* Goal of the exercise: Go through the data and copy each line that holds "RoutingDaemon".

* Source material:
+ + + +
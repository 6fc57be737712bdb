-- ===== src/RoutingDaemon/Resetting.antt =====
-- The requests of src/electron/routing_service.ts to reset the routing.
use pepper_vpn_client.Common.{
  ℕ, suc, String, Bool, List, [], ◌∷◌, ◌++◌, ◌+◌, none, some, ◌≡◌, refl, arith, if◌then◌else◌,
}
use pepper_vpn_client.RoutingDaemon.{
  RoutingServiceRequest, configure_request, reset_request, RoutingDaemon, new_routing_daemon,
  cleanup, start, connected, initial_error_handler, socket_error, socket_closed, first_data,
  data_handler, receive, write_reset, stop, set_on_network_change, Event, starts, connects, fails,
  closes, stops, receives, listens, event, run,
}

-- the requests to reset the routing
abbrev pub resets : List RoutingServiceRequest → ℕ
resets [] = 0
resets (reset_request ∷ rs) = suc (resets rs)
resets (configure_request _ _ ∷ rs) = resets rs

resets-append : (rs ts : List RoutingServiceRequest) → resets (rs ++ ts) ≡ resets rs + resets ts
resets-append [] ts = ground arith
resets-append (reset_request ∷ rs) ts = let rest = resets-append rs ts in ground arith
resets-append (configure_request _ _ ∷ rs) ts = resets-append rs ts

abbrev pub expected : RoutingDaemon → ℕ
expected d = if d.stopping then 1 else 0

written_configure :
    (d : RoutingDaemon)
    → resets (d.written ++ configure_request d.proxy_address d.is_auto_connect ∷ [])
      ≡ resets d.written
written_configure d =
    let e = resets-append d.written (configure_request d.proxy_address d.is_auto_connect ∷ []) in
    ground arith

written_reset :
    (d : RoutingDaemon) → resets (d.written ++ reset_request ∷ []) ≡ suc (resets d.written)
written_reset d = let e = resets-append d.written (reset_request ∷ []) in ground arith

event-resets :
    (e : Event) (d : RoutingDaemon)
    → resets d.written ≡ expected d
    → resets (event e d).written ≡ expected (event e d)
unfolding event start connected socket_error socket_closed stop receive set_on_network_change
    cleanup initial_error_handler first_data data_handler write_reset
event-resets starts d h = ground arith
event-resets connects d h = ground (arith, written_configure d)
event-resets fails d h = ground arith
event-resets closes d h = ground arith
event-resets stops d h = ground (arith, written_reset d)
event-resets (receives none) d h = ground arith
event-resets (receives (some m)) d h = ground arith
event-resets (listens b) d h = ground arith

run-resets :
    (es : List Event) (d : RoutingDaemon)
    → resets d.written ≡ expected d
    → resets (run es d).written ≡ expected (run es d)
unfolding run
run-resets [] d h = h
run-resets (e ∷ es) d h = run-resets es (event e d) (event-resets e d h)

-- Whatever happened to a new daemon, it has sent one request to reset the routing when it is
-- stopping, and none when it is not.
pub resets_once :
    (address : String) (auto : Bool) (es : List Event)
    → resets (run es (new_routing_daemon address auto)).written
      ≡ (if (run es (new_routing_daemon address auto)).stopping then 1 else 0)
resets_once address auto es = run-resets es (new_routing_daemon address auto) refl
+ + + +
* Written solution:
-- ===== src/RoutingDaemon/Resetting.antt =====
use pepper_vpn_client.RoutingDaemon.{
  RoutingServiceRequest, configure_request, reset_request, RoutingDaemon, new_routing_daemon,
abbrev pub expected : RoutingDaemon → ℕ
    (d : RoutingDaemon)
    (d : RoutingDaemon) → resets (d.written ++ reset_request ∷ []) ≡ suc (resets d.written)
    (e : Event) (d : RoutingDaemon)
    (es : List Event) (d : RoutingDaemon)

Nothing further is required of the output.